> What to work on: Copy out exactly the stretch of the listing below that begins at the line containing "value disk s = s.disk" and ends at the line containing "appended-value emu i j = refl", and copy nothing outside it.

### Supplied data

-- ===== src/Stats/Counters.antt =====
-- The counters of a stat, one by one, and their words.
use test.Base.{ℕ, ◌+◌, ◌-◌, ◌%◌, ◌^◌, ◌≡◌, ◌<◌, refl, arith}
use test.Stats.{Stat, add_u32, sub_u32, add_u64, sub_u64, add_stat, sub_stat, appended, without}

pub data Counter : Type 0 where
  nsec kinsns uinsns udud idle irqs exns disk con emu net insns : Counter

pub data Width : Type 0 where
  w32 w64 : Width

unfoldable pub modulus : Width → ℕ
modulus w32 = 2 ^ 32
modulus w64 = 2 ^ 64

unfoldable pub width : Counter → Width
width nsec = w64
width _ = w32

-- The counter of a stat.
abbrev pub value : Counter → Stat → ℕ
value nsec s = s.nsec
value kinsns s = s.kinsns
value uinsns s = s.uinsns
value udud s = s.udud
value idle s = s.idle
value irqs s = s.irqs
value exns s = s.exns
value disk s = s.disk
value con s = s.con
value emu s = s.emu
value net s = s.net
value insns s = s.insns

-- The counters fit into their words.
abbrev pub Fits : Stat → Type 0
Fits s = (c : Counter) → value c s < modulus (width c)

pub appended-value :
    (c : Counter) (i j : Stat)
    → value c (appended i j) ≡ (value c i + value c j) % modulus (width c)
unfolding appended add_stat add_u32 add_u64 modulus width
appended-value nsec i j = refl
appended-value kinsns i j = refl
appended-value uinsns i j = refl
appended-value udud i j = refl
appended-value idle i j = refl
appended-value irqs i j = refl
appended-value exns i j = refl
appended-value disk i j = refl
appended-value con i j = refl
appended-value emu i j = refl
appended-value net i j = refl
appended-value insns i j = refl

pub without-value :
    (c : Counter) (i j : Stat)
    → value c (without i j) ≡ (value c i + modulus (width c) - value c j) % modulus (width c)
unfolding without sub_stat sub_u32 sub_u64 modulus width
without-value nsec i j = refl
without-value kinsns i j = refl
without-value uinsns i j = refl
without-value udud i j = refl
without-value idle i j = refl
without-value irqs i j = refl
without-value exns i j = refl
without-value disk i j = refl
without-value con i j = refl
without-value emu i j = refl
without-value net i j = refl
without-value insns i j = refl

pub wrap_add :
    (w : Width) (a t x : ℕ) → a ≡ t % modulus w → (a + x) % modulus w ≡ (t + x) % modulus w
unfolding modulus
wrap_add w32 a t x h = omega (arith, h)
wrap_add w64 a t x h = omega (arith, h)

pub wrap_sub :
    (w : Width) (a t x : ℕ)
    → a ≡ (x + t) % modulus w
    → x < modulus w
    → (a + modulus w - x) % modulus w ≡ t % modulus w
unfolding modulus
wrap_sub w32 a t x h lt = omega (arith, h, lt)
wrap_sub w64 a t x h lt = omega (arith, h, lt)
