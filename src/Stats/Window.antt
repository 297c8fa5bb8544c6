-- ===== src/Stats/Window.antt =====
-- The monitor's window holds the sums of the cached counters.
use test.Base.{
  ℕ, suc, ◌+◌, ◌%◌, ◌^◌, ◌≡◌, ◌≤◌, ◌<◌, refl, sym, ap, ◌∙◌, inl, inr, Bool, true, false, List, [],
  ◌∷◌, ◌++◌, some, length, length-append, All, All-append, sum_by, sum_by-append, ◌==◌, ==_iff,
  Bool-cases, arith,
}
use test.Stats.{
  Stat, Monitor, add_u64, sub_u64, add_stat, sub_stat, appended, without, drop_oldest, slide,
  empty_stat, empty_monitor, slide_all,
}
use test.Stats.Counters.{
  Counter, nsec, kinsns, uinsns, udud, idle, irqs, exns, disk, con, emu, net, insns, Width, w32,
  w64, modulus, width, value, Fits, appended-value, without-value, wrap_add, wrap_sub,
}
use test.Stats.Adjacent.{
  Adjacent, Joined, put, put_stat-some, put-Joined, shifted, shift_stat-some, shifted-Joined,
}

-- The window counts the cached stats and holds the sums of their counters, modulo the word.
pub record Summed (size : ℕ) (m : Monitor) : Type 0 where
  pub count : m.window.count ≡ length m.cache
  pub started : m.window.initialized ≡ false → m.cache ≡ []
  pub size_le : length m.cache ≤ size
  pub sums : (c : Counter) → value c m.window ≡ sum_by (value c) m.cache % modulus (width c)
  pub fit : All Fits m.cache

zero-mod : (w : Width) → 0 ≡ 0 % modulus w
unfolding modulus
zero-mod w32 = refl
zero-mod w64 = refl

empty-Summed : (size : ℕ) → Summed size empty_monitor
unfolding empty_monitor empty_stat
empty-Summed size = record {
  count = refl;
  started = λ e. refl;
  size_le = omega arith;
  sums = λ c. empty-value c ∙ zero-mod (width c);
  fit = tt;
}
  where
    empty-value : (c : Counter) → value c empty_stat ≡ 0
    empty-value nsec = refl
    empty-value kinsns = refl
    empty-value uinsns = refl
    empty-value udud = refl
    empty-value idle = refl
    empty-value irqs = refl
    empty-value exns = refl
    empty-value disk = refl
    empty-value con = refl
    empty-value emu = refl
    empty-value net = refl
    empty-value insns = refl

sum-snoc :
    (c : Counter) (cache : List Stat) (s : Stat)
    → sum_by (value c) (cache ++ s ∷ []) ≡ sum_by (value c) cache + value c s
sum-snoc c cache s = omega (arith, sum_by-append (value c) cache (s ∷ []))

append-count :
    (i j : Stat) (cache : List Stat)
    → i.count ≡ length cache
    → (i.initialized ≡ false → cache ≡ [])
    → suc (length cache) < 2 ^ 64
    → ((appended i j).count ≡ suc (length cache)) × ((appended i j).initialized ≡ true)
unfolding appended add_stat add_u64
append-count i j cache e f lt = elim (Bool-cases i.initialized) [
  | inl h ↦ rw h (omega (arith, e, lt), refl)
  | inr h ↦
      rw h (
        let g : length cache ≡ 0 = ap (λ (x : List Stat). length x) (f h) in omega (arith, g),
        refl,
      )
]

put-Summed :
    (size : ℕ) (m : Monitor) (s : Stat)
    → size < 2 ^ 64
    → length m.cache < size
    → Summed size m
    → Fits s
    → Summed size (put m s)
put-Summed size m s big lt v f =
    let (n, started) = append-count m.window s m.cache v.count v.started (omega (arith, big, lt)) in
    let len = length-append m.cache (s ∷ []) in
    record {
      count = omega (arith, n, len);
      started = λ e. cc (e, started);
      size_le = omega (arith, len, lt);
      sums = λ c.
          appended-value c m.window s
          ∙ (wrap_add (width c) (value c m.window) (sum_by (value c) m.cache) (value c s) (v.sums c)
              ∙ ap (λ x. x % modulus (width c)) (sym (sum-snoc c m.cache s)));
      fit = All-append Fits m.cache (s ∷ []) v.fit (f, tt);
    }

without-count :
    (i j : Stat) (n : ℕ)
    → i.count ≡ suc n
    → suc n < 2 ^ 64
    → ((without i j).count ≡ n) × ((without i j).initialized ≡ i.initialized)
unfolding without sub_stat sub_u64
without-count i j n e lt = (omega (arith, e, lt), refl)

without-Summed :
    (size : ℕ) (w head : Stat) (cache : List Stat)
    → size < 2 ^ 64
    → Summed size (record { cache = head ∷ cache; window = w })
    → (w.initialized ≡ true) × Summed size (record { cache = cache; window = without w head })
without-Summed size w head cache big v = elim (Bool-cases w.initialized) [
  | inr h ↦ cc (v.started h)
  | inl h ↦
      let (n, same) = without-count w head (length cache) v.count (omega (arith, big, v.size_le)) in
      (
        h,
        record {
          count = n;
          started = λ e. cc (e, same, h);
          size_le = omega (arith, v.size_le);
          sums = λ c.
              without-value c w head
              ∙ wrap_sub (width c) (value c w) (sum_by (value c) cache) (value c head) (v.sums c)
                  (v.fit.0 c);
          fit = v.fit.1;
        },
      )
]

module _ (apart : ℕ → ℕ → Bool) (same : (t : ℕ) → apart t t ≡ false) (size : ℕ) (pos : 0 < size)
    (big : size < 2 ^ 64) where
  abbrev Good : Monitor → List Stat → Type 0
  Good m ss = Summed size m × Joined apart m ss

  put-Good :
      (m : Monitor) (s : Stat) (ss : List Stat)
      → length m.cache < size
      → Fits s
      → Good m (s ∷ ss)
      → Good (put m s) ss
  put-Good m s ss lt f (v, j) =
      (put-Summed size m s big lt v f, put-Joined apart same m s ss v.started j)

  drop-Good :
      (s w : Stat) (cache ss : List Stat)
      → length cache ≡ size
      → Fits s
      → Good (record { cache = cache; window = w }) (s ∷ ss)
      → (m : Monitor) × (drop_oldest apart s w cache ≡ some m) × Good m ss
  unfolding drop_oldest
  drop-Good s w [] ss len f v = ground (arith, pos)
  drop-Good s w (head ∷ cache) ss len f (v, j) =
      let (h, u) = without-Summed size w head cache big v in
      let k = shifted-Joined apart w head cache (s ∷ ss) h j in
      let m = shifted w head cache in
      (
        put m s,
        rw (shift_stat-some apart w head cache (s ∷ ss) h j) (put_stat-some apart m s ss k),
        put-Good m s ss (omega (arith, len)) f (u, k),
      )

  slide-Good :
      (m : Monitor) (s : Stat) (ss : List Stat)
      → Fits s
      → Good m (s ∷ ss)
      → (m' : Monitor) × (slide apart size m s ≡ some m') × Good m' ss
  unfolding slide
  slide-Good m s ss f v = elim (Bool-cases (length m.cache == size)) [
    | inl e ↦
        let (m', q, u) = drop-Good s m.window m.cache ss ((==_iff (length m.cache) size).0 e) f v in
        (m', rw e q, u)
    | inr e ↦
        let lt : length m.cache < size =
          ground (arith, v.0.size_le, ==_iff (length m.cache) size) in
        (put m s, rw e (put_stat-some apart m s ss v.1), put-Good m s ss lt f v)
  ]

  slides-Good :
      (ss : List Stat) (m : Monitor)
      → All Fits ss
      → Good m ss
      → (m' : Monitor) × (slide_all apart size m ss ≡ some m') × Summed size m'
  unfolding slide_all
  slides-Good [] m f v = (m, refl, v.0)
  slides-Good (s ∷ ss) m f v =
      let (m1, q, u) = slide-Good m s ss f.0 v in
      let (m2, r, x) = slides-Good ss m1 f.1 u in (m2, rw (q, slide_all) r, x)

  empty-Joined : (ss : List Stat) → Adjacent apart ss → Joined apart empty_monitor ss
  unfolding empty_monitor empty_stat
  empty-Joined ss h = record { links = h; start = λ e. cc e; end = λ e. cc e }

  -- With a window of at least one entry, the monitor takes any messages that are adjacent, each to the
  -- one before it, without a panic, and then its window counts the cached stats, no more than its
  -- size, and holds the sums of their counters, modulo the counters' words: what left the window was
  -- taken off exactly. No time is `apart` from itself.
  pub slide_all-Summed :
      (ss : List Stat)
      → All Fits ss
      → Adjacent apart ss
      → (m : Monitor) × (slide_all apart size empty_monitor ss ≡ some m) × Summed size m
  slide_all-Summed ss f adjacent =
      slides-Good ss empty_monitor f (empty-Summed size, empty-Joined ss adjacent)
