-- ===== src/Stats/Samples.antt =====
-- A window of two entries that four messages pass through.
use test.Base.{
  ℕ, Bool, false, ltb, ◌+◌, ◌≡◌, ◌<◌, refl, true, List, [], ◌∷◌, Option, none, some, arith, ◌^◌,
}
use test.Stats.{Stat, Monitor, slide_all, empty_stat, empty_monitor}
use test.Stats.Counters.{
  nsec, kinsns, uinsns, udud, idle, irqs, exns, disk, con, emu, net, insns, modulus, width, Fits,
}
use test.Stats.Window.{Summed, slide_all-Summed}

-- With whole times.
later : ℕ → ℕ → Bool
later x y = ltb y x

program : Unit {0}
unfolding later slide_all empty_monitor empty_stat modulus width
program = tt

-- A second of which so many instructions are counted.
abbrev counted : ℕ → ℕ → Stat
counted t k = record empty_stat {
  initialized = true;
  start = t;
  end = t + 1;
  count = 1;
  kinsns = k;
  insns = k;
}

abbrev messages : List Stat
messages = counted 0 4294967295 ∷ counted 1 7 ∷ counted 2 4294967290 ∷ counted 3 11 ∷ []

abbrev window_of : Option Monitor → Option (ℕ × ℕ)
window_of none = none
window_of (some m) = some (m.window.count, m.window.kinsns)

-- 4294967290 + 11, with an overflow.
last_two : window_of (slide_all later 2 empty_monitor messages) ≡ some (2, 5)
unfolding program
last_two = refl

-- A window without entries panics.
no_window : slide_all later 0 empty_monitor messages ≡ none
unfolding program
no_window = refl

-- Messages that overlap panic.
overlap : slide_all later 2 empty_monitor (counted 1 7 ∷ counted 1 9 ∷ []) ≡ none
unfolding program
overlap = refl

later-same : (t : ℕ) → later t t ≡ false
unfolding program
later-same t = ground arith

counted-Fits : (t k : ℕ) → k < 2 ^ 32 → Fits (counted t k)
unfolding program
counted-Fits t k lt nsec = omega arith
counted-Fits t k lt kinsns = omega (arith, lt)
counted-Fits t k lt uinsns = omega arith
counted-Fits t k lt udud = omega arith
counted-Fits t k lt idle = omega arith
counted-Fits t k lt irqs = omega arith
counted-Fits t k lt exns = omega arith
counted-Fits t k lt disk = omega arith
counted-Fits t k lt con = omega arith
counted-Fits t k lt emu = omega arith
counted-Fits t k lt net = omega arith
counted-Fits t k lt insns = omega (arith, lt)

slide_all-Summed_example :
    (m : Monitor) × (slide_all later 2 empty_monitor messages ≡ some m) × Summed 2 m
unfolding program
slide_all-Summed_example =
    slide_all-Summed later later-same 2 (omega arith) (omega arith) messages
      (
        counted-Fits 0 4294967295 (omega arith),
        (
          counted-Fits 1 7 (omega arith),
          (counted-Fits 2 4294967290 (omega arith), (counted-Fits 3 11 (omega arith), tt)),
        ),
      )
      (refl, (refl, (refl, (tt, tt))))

######

> Task output:
value disk s = s.disk
value con s = s.con
value emu s = s.emu
value net s = s.net
value insns s = s.insns

-- The counters fit into their words.
abbrev pub Fits : Stat → Type 0
Fits s = (c : Counter) → value c s < modulus (width c)

pub appended-value :
    (c : Counter) (i j : Stat)
    → value c (appended i j) ≡ (value c i + value c j) % modulus (width c)
unfolding appended add_stat add_u32 add_u64 modulus width
appended-value nsec i j = refl
appended-value kinsns i j = refl
appended-value uinsns i j = refl
appended-value udud i j = refl
appended-value idle i j = refl
appended-value irqs i j = refl
appended-value exns i j = refl
appended-value disk i j = refl
appended-value con i j = refl
appended-value emu i j = refl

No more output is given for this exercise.